WHAT THE TASK ASKS ▸ Word for word, copy every line of the data.

━━━━━ EXERCISE MATERIALS

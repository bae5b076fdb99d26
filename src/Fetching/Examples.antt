-- ===== src/Fetching/Examples.antt =====
-- A policy that names one host.
use recipe_import_from_anyth.Base.{String, ◌==◌, Option, none, some, List, [], ◌∷◌, if◌then◌else◌}

abbrev hostname : String → Option String
hostname url = if url == "https://a.test/soup" then some "a.test" else none

abbrev policy : Option (List String)
policy = some ("a.test" ∷ [])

━━━━━━━━━━

RESPONSE BELOW ▸
repository bae5b076fdb99d26
filename src/Fetching/Examples.antt
-- ===== src/Fetching/Examples.antt =====
-- A policy that names one host.
use recipe_import_from_anyth.Base.{String, ◌==◌, Option, none, some, List, [], ◌∷◌, if◌then◌else◌}

abbrev hostname : String → Option String
hostname url = if url == "https://a.test/soup" then some "a.test" else none

abbrev policy : Option (List String)
policy = some ("a.test" ∷ [])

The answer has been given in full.